Microsoft will hold an event in Barcelona, Spain, on Feb. 29 to formally launch Windows 8 Consumer Preview, according to an invitation the company sent to journalists Wednesday. The date and location coincide with the World Mobile Congress, an indication that Microsoft is serious about pushing Windows 8 as a mobile operating system for tablets, as well as for traditional desktops and laptops.
The preview will allow everyday consumers to download and use a pre-release (Microsoft has not officially dubbed this as beta software) version of Windows 8. The catch is that, because it's pre-release code, the operating system likely will contain numerous bugs and features that aren't completely finished.
Microsoft typically warns users that unfinished software can cause system problems and that users should try it only if they have reasonably advanced computer skills.
Microsoft in September released the Windows 8 Developer Preview along with tools that programmers could use to build apps and get familiar with Windows 8.
The new OS represents the most fundamental redesign of the OS since the debut of Windows 95. For its interface, Windows 8 relies heavily on design elements taken from Microsoft's Windows Phone 7 environment, including Metro themes and Live Tiles. Tiles are blocks of screen real-estate that feed real-time updates from social networks, messaging, e-mail, and other services to the home screen.
Leaked screenshots appear to show that Microsoft has even eliminated the Start button, a familiar Windows navigation tool in past versions, and replaced it with a swipeable area users can touch to bring up various menus.

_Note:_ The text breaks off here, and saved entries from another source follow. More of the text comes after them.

-- ===== src/Api/Prompt.antt =====
-- src/main.go, the chat messages of a request: the text and the media of each, and the prompt that a
-- conversation becomes. JSON is read by the standard library: the model has the values that the
-- code asks for. The conversion of a picture to PNG is a parameter.
pub mod Order
mod Tests
use business2api.Base.{
  ℕ, Bool, true, false, not, ◌&&◌, ◌||◌, List, [], ◌∷◌, ◌++◌, Option, none, some, if◌then◌else◌,
  null, map, reverse,
}
use business2api.Text.{Text, codes, eqb, has_prefix, contains, index_of, join, lower_ascii}

-- A part of a message: its kind, and what the kind needs, where the part has it.
pub data ContentPart : Type 0 where
  text_part : Option Text → ContentPart
  image_part : Option Text → ContentPart
  video_part : Option Text → ContentPart
  file_part : Option Text → Option Text → ContentPart
  other_part : ContentPart

pub data Content : Type 0 where
  plain : Text → Content
  parts : List ContentPart → Content
  no_content : Content

-- The name and the arguments of a tool call.
pub record ToolCall : Type 0 where
  pub name : Text
  pub arguments : Text

pub record Message : Type 0 where
  pub role : Text
  pub content : Content
  pub name : Text
  pub tool_calls : List ToolCall

pub data MediaType : Type 0 where
  image video : MediaType

pub record MediaInfo : Type 0 where
  pub mime_type : Text
  pub content : Text
  pub url : Text
  pub is_url : Bool
  pub media_type : MediaType

unfoldable pub video_mime : Text → Text
unfolding contains
video_mime header =
    if contains header (codes "video/mp4")
    then codes "video/mp4"
    else if contains header (codes "video/webm")
    then codes "video/webm"
    else codes "video/mp4"

abbrev pub image_info : Text → Text → MediaInfo
image_info mime encoded = record {
  mime_type = mime;
  content = encoded;
  url = [];
  is_url = false;
  media_type = image;
}

-- `strings.HasSuffix(strings.ToLower(url), suffix)`, for a suffix of ASCII letters.
unfoldable pub ends_in : Text → Text → Bool
unfolding has_prefix lower_ascii
ends_in suffix url = has_prefix (reverse (map lower_ascii url)) (reverse suffix)

unfoldable pub is_video_name : Text → Bool
unfolding ends_in
is_video_name url =
    ends_in (codes ".mp4") url
    || ends_in (codes ".webm") url
    || ends_in (codes ".mov") url
    || ends_in (codes ".avi") url
    || ends_in (codes ".mkv") url
    || ends_in (codes ".m4v") url

module _ (to_png : Text → Option Text) where
  unfoldable pub image_data : Text → Text → MediaInfo
  unfolding contains
  image_data header encoded =
      if contains header (codes "image/png")
      then image_info (codes "image/png") encoded
      else if contains header (codes "image/jpeg")
      then image_info (codes "image/jpeg") encoded
      else elim (to_png encoded) [
        | none ↦ image_info (codes "image/jpeg") encoded
        | some png ↦ image_info (codes "image/png") png
      ]

  -- `none` stands for a data address without a comma.
  unfoldable pub parse_media_url : Text → MediaType → Option MediaInfo
  unfolding has_prefix index_of contains video_mime image_data is_video_name
  parse_media_url url kind =
      if has_prefix url (codes "data:")
      then elim (index_of b',' url) [
        | none ↦ none
        | some (header, encoded) ↦
            if contains header (codes "video/")
            then some (record {
              mime_type = video_mime header;
              content = encoded;
              url = [];
              is_url = false;
              media_type = video;
            })
            else some (image_data header encoded)
      ]
      else some (record {
        mime_type = [];
        content = [];
        url = url;
        is_url = true;
        media_type = if is_video_name url then video else kind;
      })

  abbrev pub media_at : Option Text → MediaType → List MediaInfo
  media_at none kind = []
  media_at (some url) kind = elim (parse_media_url url kind) [ none ↦ [] | some m ↦ m ∷ [] ]

  abbrev pub file_kind : Option Text → MediaType
  file_kind none = image
  file_kind (some mime) = if has_prefix mime (codes "video/") then video else image

  unfoldable pub part_text : ContentPart → Text
  part_text (text_part (some text)) = text
  part_text _ = []

  unfoldable pub part_media : ContentPart → List MediaInfo
  unfolding parse_media_url
  part_media (image_part url) = media_at url image
  part_media (video_part url) = media_at url video
  part_media (file_part url mime) = media_at url (file_kind mime)
  part_media _ = []

  abbrev pub texts_of : List ContentPart → Text
  texts_of [] = []
  texts_of (p ∷ ps) = part_text p ++ texts_of ps

  abbrev pub medias_of : List ContentPart → List MediaInfo
  medias_of [] = []
  medias_of (p ∷ ps) = part_media p ++ medias_of ps

  unfoldable pub parse_message_content : Message → Text × List MediaInfo
  unfolding part_text part_media
  parse_message_content msg = elim msg.content [
    | plain text ↦ (text, [])
    | parts ps ↦ (texts_of ps, medias_of ps)
    | no_content ↦ ([], [])
  ]

  unfoldable pub extract_system_prompt : List Message → Text
  unfolding parse_message_content eqb
  extract_system_prompt [] = []
  extract_system_prompt (msg ∷ msgs) =
      if eqb msg.role (codes "system")
      then (parse_message_content msg).0
      else extract_system_prompt msgs

  abbrev pub call_line : ToolCall → Text
  call_line tc = codes "Assistant: [调用工具 " ++ tc.name ++ codes "(" ++ tc.arguments ++ codes ")]"

  abbrev pub call_lines : List ToolCall → List Text
  call_lines [] = []
  call_lines (tc ∷ tcs) = call_line tc ∷ call_lines tcs

  -- What a message adds to the dialogue.
  unfoldable pub dialog_parts : Message → List Text
  unfolding parse_message_content eqb
  dialog_parts msg =
      let text = (parse_message_content msg).0 in
      if null text && not (eqb msg.role (codes "assistant"))
      then []
      else if eqb msg.role (codes "user") || eqb msg.role (codes "human")
      then (codes "Human: " ++ text) ∷ []
      else if eqb msg.role (codes "assistant")
      then (if not (null msg.tool_calls)
          then call_lines msg.tool_calls
          else if null text
          then []
          else (codes "Assistant: " ++ text) ∷ [])
      else if eqb msg.role (codes "tool") || eqb msg.role (codes "tool_result")
      then (codes "Tool Result [" ++ msg.name ++ codes "]: " ++ text) ∷ []
      else []

  -- The system prompt so far with what a message adds to it.
  unfoldable pub add_system : Text → Message → Text
  unfolding parse_message_content eqb
  add_system prompt msg =
      let text = (parse_message_content msg).0 in
      if not (eqb msg.role (codes "system")) || null text
      then prompt
      else if null prompt
      then text
      else prompt ++ 10 ∷ text

  unfoldable pub convert_from : List Message → List Text → Text → List Text × Text
  unfolding dialog_parts add_system
  convert_from [] dialog prompt = (dialog, prompt)
  convert_from (msg ∷ msgs) dialog prompt =
      convert_from msgs (dialog ++ dialog_parts msg) (add_system prompt msg)

  abbrev pub render : List Text × Text → Text
  render (dialog, prompt) =
      (if null prompt then [] else codes "<system>\n" ++ prompt ++ codes "\n</system>\n\n")
      ++ (if null dialog then [] else join (codes "\n\n") dialog)
      ++ codes "\n\nAssistant:"

  unfoldable pub convert_messages_to_prompt : List Message → Text
  unfolding convert_from join
  convert_messages_to_prompt messages = render (convert_from messages [] [])

unfoldable pub needs_conversation_context : List Message → Bool
unfolding eqb
needs_conversation_context [] = false
needs_conversation_context (msg ∷ msgs) =
    eqb msg.role (codes "assistant")
    || eqb msg.role (codes "tool")
    || eqb msg.role (codes "tool_result")
    || needs_conversation_context msgs
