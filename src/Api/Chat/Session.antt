-- ===== src/Api/Chat/Session.antt =====
-- src/main.go, `createSession`: up to three tries for a session.
use business2api.Base.{ℕ, zero, suc, ◌+◌, ◌||◌, [], if◌then◌else◌}
use business2api.Text.{Text, codes, contains}

pub data SessionReply : Type 0 where
  created : Text → SessionReply
  refused : Text → SessionReply

-- `once i` is what the try number `i` answers. An error with 400 is tried again even if it has 401.
unfoldable pub create_session_with_retry : (ℕ → SessionReply) → ℕ → ℕ → SessionReply → SessionReply
unfolding contains
create_session_with_retry once zero i last = last
create_session_with_retry once (suc left) i last =
    let again = create_session_with_retry once left (i + 1) (once i) in
    elim (once i) [
      | created session ↦ created session
      | refused error ↦
          if contains error (codes "400")
          then again
          else if contains error (codes "401") || contains error (codes "403")
          then refused error
          else again
    ]

unfoldable pub create_session : (ℕ → SessionReply) → SessionReply
unfolding create_session_with_retry
create_session once = create_session_with_retry once 3 0 (created [])
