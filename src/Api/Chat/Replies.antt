-- ===== src/Api/Chat/Replies.antt =====
-- src/main.go, `streamChat`: what the upstream answers in a round, the uploads of the media, and what a
-- body is worth.
use business2api.Base.{
  ℕ, Bool, not, ◌&&◌, ◌||◌, List, [], ◌∷◌, ◌++◌, Option, none, some, if◌then◌else◌,
}
use business2api.Text.{Text, codes, contains}
use business2api.Api.Prompt.{MediaInfo, MediaType}
use business2api.Api.Chat.Session.{SessionReply}

pub data Download : Type 0 where
  downloaded : Text → Text → Download
  not_downloaded : Text → Download

pub data Reply : Type 0 where
  no_reply : Text → Reply
  replied : ℕ → Text → Reply

-- What the upstream does in one round: the tries for a session, the uploads, which return the
-- identifier of the file, and the chat itself with these identifiers. `now` is the clock when the
-- account is chosen, `later` its next reading, and `after` that behind the answer.
pub record Upstream : Type 0 where
  pub now : ℕ
  pub later : ℕ
  pub after : ℕ
  pub session : ℕ → SessionReply
  pub upload_by_url : Text → Option Text
  pub download : Text → MediaType → Download
  pub upload : Text → Text → Option Text
  pub chat : Text → List Text → Reply

pub data Uploads : Type 0 where
  uploaded : List Text → Uploads
  upload_failed : Uploads
  media_refused : Text → Uploads

unfoldable pub upload_media : Upstream → MediaInfo → Uploads
unfolding contains
upload_media u media =
    if media.is_url
    then elim (u.upload_by_url media.url) [
      | some file ↦ uploaded (file ∷ [])
      | none ↦ elim (u.download media.url media.media_type) [
        | downloaded mime content ↦ elim (u.upload mime content) [
          | none ↦ upload_failed
          | some file ↦ uploaded (file ∷ [])
        ]
        | not_downloaded error ↦
            if contains error (codes "UPSTREAM_401") || contains error (codes "UPSTREAM_403")
            then media_refused error
            else upload_failed
      ]
    ]
    else elim (u.upload media.mime_type media.content) [
      | none ↦ upload_failed
      | some file ↦ uploaded (file ∷ [])
    ]

unfoldable pub upload_all : Upstream → List MediaInfo → Uploads
unfolding upload_media
upload_all u [] = uploaded []
upload_all u (media ∷ medias) = elim (upload_media u media) [
  | upload_failed ↦ upload_failed
  | media_refused error ↦ media_refused error
  | uploaded files ↦ elim (upload_all u medias) [
    | uploaded more ↦ uploaded (files ++ more)
    | upload_failed ↦ upload_failed
    | media_refused error ↦ media_refused error
  ]
]

-- What a body with the status 200 is worth.
pub data Worth : Type 0 where
  needs_login : Worth
  error_only : Bool → Worth
  thought_only empty content : Worth

abbrev pub has_content : Text → Bool
has_content body =
    contains body (codes "\"text\"")
    || contains body (codes "\"file\"")
    || contains body (codes "\"inlineData\"")
    || contains body (codes "\"functionCall\"")

unfoldable pub worth_of : Text → Worth
unfolding contains
worth_of body =
    if contains body (codes "uToken") && not (contains body (codes "streamAssistResponse"))
    then needs_login
    else if has_content body
    then content
    else if contains body (codes "\"error\"") || contains body (codes "\"errorMessage\"")
    then error_only (contains body (codes "RESOURCE_EXHAUSTED") || contains body (codes "quota"))
    else if contains body (codes "\"thought\"")
    then thought_only
    else empty
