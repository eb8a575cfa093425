-- ===== src/Api/Chat.antt =====
-- src/main.go, `streamChat`: from the messages to the upstream's answer, over the accounts of the pool.
-- The upstream is a parameter: for every round it says what its requests answer. What is made of a
-- good answer, the heartbeat of long requests and the sleeps are left out.
pub mod Session
pub mod Input
pub mod Replies
pub mod Answer
pub mod Rounds
pub mod Throttled
pub mod Outcomes
mod Tests
use business2api.Base.{
  ℕ, zero, suc, ◌+◌, ◌*◌, Bool, true, false, not, ◌&&◌, ◌||◌, List, [], ◌∷◌, ◌++◌, Option, none,
  some, ◌==◌, ltb, if◌then◌else◌, null,
}
use business2api.Text.{Text, codes, eqb, contains, decimal}
use business2api.Pool.Account.{Account, Settings, set_cooldown_multiplier}
use business2api.Pool.State.{AccountPool, modify}
use business2api.Pool.Next.{next}
use business2api.Pool.Queues.{mark_needs_refresh, mark_used_in}
use business2api.Pool.Jwt.{get_jwt}
use business2api.Api.Prompt.{
  Message, MediaInfo, MediaType, parse_message_content, extract_system_prompt,
  needs_conversation_context, convert_messages_to_prompt,
}
use business2api.Api.Chat.Replies.{
  Reply, no_reply, replied, Upstream, Uploads, uploaded, upload_failed, media_refused, upload_all,
  Worth, needs_login, error_only, thought_only, empty, content, worth_of,
}
use business2api.Api.Chat.Session.{SessionReply, created, refused, create_session}

-- The last error, with the last status and body of a refused chat, which later errors leave as they
-- are.
pub record Failure : Type 0 where
  pub error : Option Text
  pub status : ℕ
  pub body : Text

pub data Outcome : Type 0 where
  no_account : Outcome
  download_refused : Text → Outcome
  answered : ℕ → Text → Outcome
  gave_up : Failure → Outcome

-- How a round ends. Only a `counted` one is among the `maxRetries`.
pub data Turn : Type 0 where
  over : Outcome → Turn
  counted uncounted : Failure → Turn

abbrev pub with_error : Text → Failure → Failure
with_error error failure = record failure { error = some error }

-- The error of a refused chat: "HTTP %d: %s".
abbrev pub http_error : ℕ → Text → Text
http_error status body = codes "HTTP " ++ decimal status ++ codes ": " ++ body

-- The text of the query, which is not empty.
abbrev pub query_of : Text → Text
query_of text = if null text then codes " " else text

module _ (s : Settings) (u : Upstream) where
  -- `acc.LastUsed = time.Now().Add(pool.UseCooldown * 3)`.
  abbrev pub rest_longer : Account → Account
  rest_longer acc = record acc { last_used = u.after + s.use_cooldown * 3 }

  -- A chat that is refused with this status.
  unfoldable pub on_status : ℕ → Text → Failure → ℕ → AccountPool → AccountPool × Turn
  unfolding mark_needs_refresh mark_used_in decimal
  on_status status body failure p pool =
      let last : Failure = record {
        error = some (http_error status body);
        status = status;
        body = body;
      } in
      let marked = if status == 401 || status == 403 then mark_needs_refresh s p pool else pool in
      if status == 429
      then (mark_used_in p false (modify p rest_longer pool), uncounted last)
      else (mark_used_in p false marked, counted last)

  -- A chat with the status 200, whose body has this worth.
  unfoldable pub on_worth : Worth → Text → Failure → ℕ → AccountPool → AccountPool × Turn
  unfolding mark_needs_refresh mark_used_in set_cooldown_multiplier
  on_worth needs_login body failure p pool =
      (mark_needs_refresh s p pool, counted (with_error (codes "认证失败，需要刷新账号") failure))
  on_worth content body failure p pool = (mark_used_in p true pool, over (answered p body))
  on_worth (error_only false) body failure p pool =
      (pool, counted (with_error (codes "上游返回错误响应") failure))
  on_worth (error_only true) body failure p pool = (
    mark_used_in p false (modify p (set_cooldown_multiplier s u.after 5) pool),
    counted (with_error (codes "上游返回错误响应") failure),
  )
  on_worth thought_only body failure p pool =
      (pool, counted (with_error (codes "空返回，只有思考内容") failure))
  on_worth empty body failure p pool =
      (mark_used_in p false pool, counted (with_error (codes "空返回，无有效内容") failure))

  unfoldable pub on_reply : Reply → Failure → ℕ → AccountPool → AccountPool × Turn
  unfolding on_status on_worth worth_of
  on_reply (no_reply error) failure p pool = (pool, counted (with_error error failure))
  on_reply (replied status body) failure p pool =
      if status == 200
      then on_worth (worth_of body) body failure p pool
      else on_status status body failure p pool

  unfoldable pub on_uploads : Uploads → Text → Failure → ℕ → AccountPool → AccountPool × Turn
  unfolding on_reply
  on_uploads upload_failed text failure p pool =
      (pool, counted (with_error (codes "媒体上传失败") failure))
  on_uploads (media_refused error) text failure p pool = (pool, over (download_refused error))
  on_uploads (uploaded files) text failure p pool =
      on_reply (u.chat (query_of text) files) failure p pool

  unfoldable pub on_session :
      SessionReply → Text → List MediaInfo → Failure → ℕ → AccountPool → AccountPool × Turn
  unfolding upload_all on_uploads mark_needs_refresh contains
  on_session (refused error) text media failure p pool = (
    (if contains error (codes "401") || contains error (codes "UNAUTHENTICATED")
        then mark_needs_refresh s p pool
        else pool),
    counted (with_error error failure),
  )
  on_session (created session) text media failure p pool =
      on_uploads (upload_all u media) text failure p pool

  -- A round with the account `p`, which has a token or none.
  unfoldable pub on_token :
      Option (Text × Text) → Text → List MediaInfo → Failure → ℕ → AccountPool → AccountPool × Turn
  unfolding create_session on_session
  on_token none text media failure p pool =
      (pool, counted (with_error (codes "JWT 为空，账号未刷新") failure))
  on_token (some token) text media failure p pool =
      on_session (create_session u.session) text media failure p pool

  unfoldable pub on_account :
      AccountPool × Option ℕ → Text → List MediaInfo → Failure → AccountPool × Turn
  unfolding get_jwt on_token
  on_account (pool, none) text media failure = (pool, over no_account)
  on_account (pool, some p) text media failure =
      on_token (get_jwt (pool.heap p)) text media failure p pool

  unfoldable pub round : Text → List MediaInfo → Failure → AccountPool → AccountPool × Turn
  unfolding next on_account
  round text media failure pool = on_account (next s u.now u.later pool) text media failure

-- The loop: `left` rounds that count are left, and `i` rounds have been. `none` says that the fuel
-- was not enough.
unfoldable pub chat_loop :
    Settings
    → (ℕ → Upstream)
    → Text
    → List MediaInfo
    → ℕ
    → ℕ
    → ℕ
    → Failure
    → AccountPool
    → Option (AccountPool × Outcome)
unfolding round
chat_loop s us text media zero left i failure pool = none
chat_loop s us text media (suc fuel) zero i failure pool = some (pool, gave_up failure)
chat_loop s us text media (suc fuel) (suc left) i failure pool =
    let (after, turn) = round s (us i) text media failure pool in
    elim turn [
      | over outcome ↦ some (after, outcome)
      | counted last ↦ chat_loop s us text media fuel left (i + 1) last after
      | uncounted last ↦ chat_loop s us text media fuel (suc left) (i + 1) last after
    ]

abbrev pub max_retries : ℕ
max_retries = 3

abbrev pub no_failure : Failure
no_failure = record { error = none; status = 0; body = [] }

unfoldable pub stream_chat :
    Settings
    → (ℕ → Upstream)
    → ℕ
    → Text
    → List MediaInfo
    → AccountPool
    → Option (AccountPool × Outcome)
unfolding chat_loop
stream_chat s us fuel text media pool = chat_loop s us text media fuel max_retries 0 no_failure pool
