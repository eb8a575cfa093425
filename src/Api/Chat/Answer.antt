-- ===== src/Api/Chat/Answer.antt =====
-- src/main.go, `streamChat`: what the caller gets of an outcome.
use business2api.Base.{
  ℕ, Bool, not, ◌&&◌, List, [], ◌∷◌, ◌++◌, none, some, ltb, if◌then◌else◌, null,
}
use business2api.Text.{Text, codes}
use business2api.Api.Chat.{Outcome, no_account, download_refused, answered, gave_up}

-- What the caller gets: events of a stream that has begun, a stream that is broken off by a reply, or
-- one reply. A good answer is left to the rest of the function.
pub data Event : Type 0 where
  role_chunk : Event
  content_chunk : Text → Event
  stop_chunk done_mark : Event

pub data Response : Type 0 where
  events : List Event → Response
  broken_off : List Event → Text → Response
  json_error : ℕ → Text → Response
  passed_on : ℕ → Text → Response
  answer_of : ℕ → Text → Response

abbrev pub stream_error : Text → Response
stream_error text =
    events (role_chunk ∷ content_chunk (codes "[错误] " ++ text) ∷ stop_chunk ∷ done_mark ∷ [])

unfoldable pub respond : Bool → Outcome → Response
respond streams no_account =
    if streams then stream_error (codes "没有可用账号") else json_error 500 (codes "没有可用账号")
respond streams (download_refused error) =
    if streams then broken_off (role_chunk ∷ []) error else json_error 500 error
respond streams (answered p body) = answer_of p body
respond streams (gave_up failure) = elim failure.error [
  | none ↦
      if streams
      then stream_error (codes "上游返回空响应")
      else json_error 500 (codes "Empty response from Google")
  | some error ↦
      if streams
      then stream_error error
      else if ltb 0 failure.status && not (null failure.body)
      then passed_on failure.status failure.body
      else json_error 500 error
]
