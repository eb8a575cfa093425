-- ===== src/Api/Chat/Input.antt =====
-- src/main.go, `streamChat`: the text and the media that a request sends.
use business2api.Base.{◌||◌, List, [], ◌∷◌, ◌++◌, Option, none, some, if◌then◌else◌, null}
use business2api.Text.{Text, codes, eqb}
use business2api.Api.Prompt.{
  Message, MediaInfo, parse_message_content, extract_system_prompt, needs_conversation_context,
  convert_messages_to_prompt,
}

-- The media of the last message of the user.
module _ (to_png : Text → Option Text) where
  unfoldable pub last_user_media : List Message → List MediaInfo → List MediaInfo
  unfolding parse_message_content eqb
  last_user_media [] media = media
  last_user_media (msg ∷ msgs) media = last_user_media msgs (
      if eqb msg.role (codes "user") || eqb msg.role (codes "human")
      then (parse_message_content to_png msg).1
      else media)

  unfoldable pub last_message : Message → List Message → Message
  last_message msg [] = msg
  last_message msg (m ∷ msgs) = last_message m msgs

  -- The text and the media that are sent. `none` is the panic of an empty list of messages.
  unfoldable pub chat_input : List Message → Option (Text × List MediaInfo)
  unfolding parse_message_content extract_system_prompt needs_conversation_context
      convert_messages_to_prompt last_user_media last_message
  chat_input [] = none
  chat_input (msg ∷ msgs) =
      let messages = msg ∷ msgs in
      let system = extract_system_prompt to_png messages in
      let (text, media) = parse_message_content to_png (last_message msg msgs) in
      if needs_conversation_context messages
      then some (convert_messages_to_prompt to_png messages, last_user_media messages [])
      else if null system
      then some (text, media)
      else some (
        codes "<system>\n"
            ++ system
            ++ codes "\n</system>\n\nHuman: "
            ++ text
            ++ codes "\n\nAssistant:",
        media,
      )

Such a design is more tablet friendly, and Microsoft has made little secret of the fact that it's counting on Windows 8 to make it a player in the tablet market, which is dominated by Apple and Google-powered devices.
Microsoft has not announced a release date for the final version of Windows 8, saying that it prefers to work from "milestone to milestone." Still, many analysts believe the OS could show up in some consumer products in time for the 2012 holiday season.